Any one hunt in this area last year? I am looking at Unit 93, but also 95 and 112. I have 5 points going into the draw. I am wondering how the quality is and how the harsh winter affected the herds last year?


----------



## hockey (Nov 7, 2007)

We deer hunted in 95 last year. Lots of nice goats even a few "funky" ones
Like you I have 5 points and considered using them for 95


----------



## svmoose (Feb 28, 2008)

All of those units have a lot of antelope. And with 5 points you should be able to draw them. Herd are down a little bit, but you shouldn't have any trouble finding some nice bucks. Western Wyoming is my favorite spot for antelope hunting.
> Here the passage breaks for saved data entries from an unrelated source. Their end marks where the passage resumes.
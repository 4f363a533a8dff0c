-- ===== src/Config/Valid.antt =====
-- What is kept in the stored configuration can be loaded again.
use ctf_proxy_utils.Common.{
  ℕ, ◌+◌, ◌<◌, String, ◌≡◌, refl, subst, ◌∙◌, ◌⊎◌, inl, inr, Bool, true, false, Option, none, some,
  List, [], ◌∷◌, str_eq, arith, ◌==◌, if◌then◌else◌, Bool-cases, Option-cases, is_empty,
}
use ctf_proxy_utils.Common.Int.{ℤ, pos, pos_part}
use ctf_proxy_utils.Bytes.{Text}
use ctf_proxy_utils.Detect.Config.{
  DetectionConfig, default_detection_config, or_default, apply_defaults, validate,
  validate_detectors, Checked, ok, err,
}
use ctf_proxy_utils.Spec.{RuleSpec}
use ctf_proxy_utils.Config.Disk.{Files, Calls}
use ctf_proxy_utils.Config.{
  ScanDefaults, Stored, default_config, ReadFile, missing, unreadable, content, check_loaded, load,
  Saved, set_rules, set_scan, keep_detection, set_detection,
}

pub or_default_idem :
    (n : ℤ) (d : ℕ) → or_default (or_default n (d + 1)) (d + 1) ≡ or_default n (d + 1)
or_default_idem n d = elim (Bool-cases (pos_part n == 0)) [
  | inl zero_or_less ↦
      let set : (d + 1 == 0) ≡ false = ground arith in simp (zero_or_less, set) refl
  | inr kept ↦ simp kept refl
]

pub apply_defaults_idem :
    (c : DetectionConfig) → apply_defaults (apply_defaults c) ≡ apply_defaults c
unfolding apply_defaults
apply_defaults_idem c =
    rw
      (
        or_default_idem c.threshold 24,
        or_default_idem c.auto_pin_score 59,
        or_default_idem c.max_findings 499,
        or_default_idem c.buffer_bytes 131071,
      )
      refl

pub validate-apply_defaults :
    (text : Text) (c : DetectionConfig) → validate text (apply_defaults c) ≡ validate text c
unfolding validate
validate-apply_defaults text c = rw (apply_defaults_idem c) refl

-- A panel address, a version, and a valid configuration of the detectors.
pub record IsStartable (text : Text) (c : Stored) : Type 0 where
  pub addressed : str_eq c.web.addr "" ≡ false
  pub versioned : 0 < pos_part c.schema_version
  pub checked : validate text c.detection ≡ ok tt

default-valid : (text : Text) → validate text default_detection_config ≡ ok tt
unfolding validate apply_defaults validate_detectors
default-valid text = refl

from_default :
    (text : Text) (path : String) (c : Stored)
    → record default_config { path = path } ≡ c
    → IsStartable text c
from_default text path c same =
    subst (IsStartable text) same
      (record { addressed = refl; versioned = omega arith; checked = default-valid text })

pub Checked-cases : {A : Type 0} (x : Checked A) → ((e : _) × (x ≡ err e)) ⊎ ((a : A) × (x ≡ ok a))
Checked-cases (err e) = inl (e, refl)
Checked-cases (ok a) = inr (a, refl)

check_loaded-IsStartable :
    (text : Text) (path : String) (c c' : Stored)
    → check_loaded text path c ≡ some c'
    → IsStartable text c'
unfolding check_loaded
check_loaded-IsStartable text path c c' h =
    let web =
      if str_eq c.web.addr "" then record c.web { addr = default_config.web.addr } else c.web in
    let version = if pos_part c.schema_version == 0 then pos 1 else c.schema_version in
    elim (Checked-cases (validate text c.detection)) [
      | inl (e, bad) ↦ absurd (ground (arith, h, bad))
      | inr (u, fine) ↦
          let same : record c { web = web; schema_version = version; path = path } ≡ c' =
            ground (arith, h, fine) in
          subst (IsStartable text) same (record {
            addressed = addressed_web (str_eq c.web.addr "") refl;
            versioned = ground arith;
            checked = fine;
          })
    ]
  where
    addressed_web :
        (b : Bool)
        → str_eq c.web.addr "" ≡ b
        → str_eq (if b then record c.web { addr = default_config.web.addr } else c.web).addr ""
          ≡ false
    addressed_web true k = refl
    addressed_web false k = k

load-IsStartable :
    (text : Text) (decode : List ℕ → Stored → Option Stored) (path : String) (file : ReadFile)
    (c : Stored)
    → load text decode path file ≡ some c
    → IsStartable text c
unfolding load
load-IsStartable text decode path missing c h = from_default text path c (ground (arith, h))
load-IsStartable text decode path unreadable c h = absurd (ground (arith, h))
load-IsStartable text decode path (content b) c h = elim (Bool-cases (is_empty b)) [
  | inl nothing ↦ from_default text path c (ground (arith, h, nothing))
  | inr there ↦ elim (Option-cases (decode b (record default_config { path = path }))) [
    | inl broken ↦ absurd (ground (arith, h, there, broken))
    | inr (c', decoded) ↦
        check_loaded-IsStartable text path c' c (ground (arith, h, there, decoded))
  ]
]

-- One call of a setter, with what package os does.
pub data Change : Type 0 where
  put_rules : List RuleSpec → Change
  put_scan : ScanDefaults → Change
  put_detection : DetectionConfig → Change

abbrev pub or_before : Stored → Option Saved → Stored
or_before c none = c
or_before c (some x) = x.0

unfoldable pub change : Text → (Stored → Calls) → Files → Stored → Change → Stored
change text calls d c (put_rules rules) = (set_rules calls d rules c).0
change text calls d c (put_scan scan) = (set_scan calls d scan c).0
change text calls d c (put_detection detection) =
    or_before c (set_detection text calls d detection c)

unfoldable pub changes : Text → (Stored → Calls) → Files → Stored → List Change → Stored
changes text calls d c [] = c
changes text calls d c (x ∷ xs) = changes text calls d (change text calls d c x) xs

change-IsStartable :
    (text : Text) (calls : Stored → Calls) (d : Files) (c : Stored) (x : Change)
    → IsStartable text c
    → IsStartable text (change text calls d c x)
unfolding change set_rules set_scan set_detection
change-IsStartable text calls d c (put_rules rules) v = record {
  addressed = v.addressed;
  versioned = v.versioned;
  checked = v.checked;
}
change-IsStartable text calls d c (put_scan scan) v = record {
  addressed = v.addressed;
  versioned = v.versioned;
  checked = v.checked;
}
change-IsStartable text calls d c (put_detection detection) v =
    of_check (validate text detection) refl
  where
    of_check :
        (x : Checked (Unit {0}))
        → validate text detection ≡ x
        → IsStartable text (or_before c (keep_detection calls d detection c x))
    of_check (err e) k = v
    of_check (ok u) k = record {
      addressed = v.addressed;
      versioned = v.versioned;
      checked = validate-apply_defaults text detection ∙ k;
    }

changes-IsStartable :
    (text : Text) (calls : Stored → Calls) (d : Files) (xs : List Change) (c : Stored)
    → IsStartable text c
    → IsStartable text (changes text calls d c xs)
unfolding changes
changes-IsStartable text calls d [] c v = v
changes-IsStartable text calls d (x ∷ xs) c v =
    changes-IsStartable text calls d xs (change text calls d c x)
      (change-IsStartable text calls d c x v)

-- A configuration that was loaded, whatever the file was, has an address for the panel, a positive
-- version and valid detectors, and keeps them through all changes.
pub load-changes-IsStartable :
    (text : Text) (decode : List ℕ → Stored → Option Stored) (path : String) (file : ReadFile)
    (calls : Stored → Calls) (d : Files) (xs : List Change) (c : Stored)
    → load text decode path file ≡ some c
    → IsStartable text (changes text calls d c xs)
load-changes-IsStartable text decode path file calls d xs c h =
    changes-IsStartable text calls d xs c (load-IsStartable text decode path file c h)
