-- ===== src/Config/Tests.antt =====
-- Tests of the stored configuration, and its theorems at concrete inputs.
use ctf_proxy_utils.Common.{
  ℕ, ◌≡◌, refl, Bool, true, false, Option, none, some, List, [], ◌∷◌, str_eq, eq_iff, arith,
  if◌then◌else◌,
}
use ctf_proxy_utils.Common.Int.{pos}
use ctf_proxy_utils.Detect.Config.{
  default_detection_config, apply_defaults, validate, validate_detectors,
}
use ctf_proxy_utils.Spec.Tests.{bytes_text, a_rule}
use ctf_proxy_utils.Config.Disk.{
  Files, Calls, drop_temp, replace_file, fill_temp, write_temp, save_locked,
}
use ctf_proxy_utils.Config.Atomic.{IsAtomic, save_locked-IsAtomic}
use ctf_proxy_utils.Config.Valid.{
  IsStartable, put_rules, put_detection, change, changes, load-changes-IsStartable,
}
use ctf_proxy_utils.Config.{
  Stored, default_config, content, check_loaded, load, set_rules, set_scan, set_detection,
}

program : Unit {0}
unfolding apply_defaults validate validate_detectors drop_temp replace_file fill_temp write_temp
    save_locked check_loaded load set_rules set_scan set_detection change changes
program = tt

abbrev calls : Bool → Stored → Calls
calls whole c = record {
  encoded = some (1 ∷ 2 ∷ []);
  mkdir_ok = true;
  temp = some "tmp";
  written = if whole then none else some 1;
  chmod_ok = true;
  sync_ok = true;
  close_ok = true;
  rename_ok = true;
  remove_ok = true;
}

abbrev old_files : Files
old_files p = if str_eq p "config.json" then some (9 ∷ []) else none

save_locked-IsAtomic_example :
    IsAtomic "config.json" "tmp"
      (1 ∷ 2 ∷ 10 ∷ [])
      old_files
      (save_locked (calls true default_config) "config.json" old_files)
save_locked-IsAtomic_example =
    save_locked-IsAtomic (calls true default_config) "config.json" "tmp" (1 ∷ 2 ∷ []) old_files
      (λ h. absurd (ground (arith, (eq_iff "config.json" "").1 h)))
      (λ h. absurd (ground (arith, (eq_iff "config.json" "tmp").1 h))) refl refl

saved :
    (save_locked (calls true default_config) "config.json" old_files).0.now "config.json"
    ≡ some (1 ∷ 2 ∷ 10 ∷ [])
unfolding program
saved = refl

not_saved :
    (save_locked (calls false default_config) "config.json" old_files).0.now "config.json"
    ≡ some (9 ∷ [])
unfolding program
not_saved = refl

-- A decoder that reads a file without an address and a version.
abbrev poor : List ℕ → Stored → Option Stored
poor b c = some (record c { schema_version = pos 0; web = record { addr = ""; token = "t" } })

abbrev loaded : Stored
loaded = record default_config {
  web = record { addr = "127.0.0.1:8420"; token = "t" };
  path = "config.json";
}

load-changes-IsStartable_example : IsStartable bytes_text (
    changes bytes_text
      (calls true)
      old_files
      loaded
      (put_rules (a_rule "r1" 8080 "a" ∷ []) ∷ put_detection default_detection_config ∷ []))
unfolding program
load-changes-IsStartable_example =
    load-changes-IsStartable bytes_text poor "config.json" (content (123 ∷ [])) (calls true)
      old_files
      (put_rules (a_rule "r1" 8080 "a" ∷ []) ∷ put_detection default_detection_config ∷ []) loaded
      refl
I'll be applying with you -- still deciding on the unit though.


----------



## wyogoob (Sep 7, 2007)

Moving this to the Hunting outside of Utah section for all the obvious reasons.


----------



## gdog (Sep 13, 2007)

I have 6 points....and cashing in this fall hopefully....in one of those same areas.

Good luck!


----------



## ntrl_brn_rebel (Sep 7, 2007)

I think the drought effected herds, I thought average size of antler growth was down last year as well but it's hard to say what the upcoming year will bring.... I cashed out last year on points and wished I had waited, I'm thinking of having the wife sit out a year or two on her points after seeing the herd sizes this year. 

The good news is antelope seem to rebound quickly after rough years unlike the muleys...


----------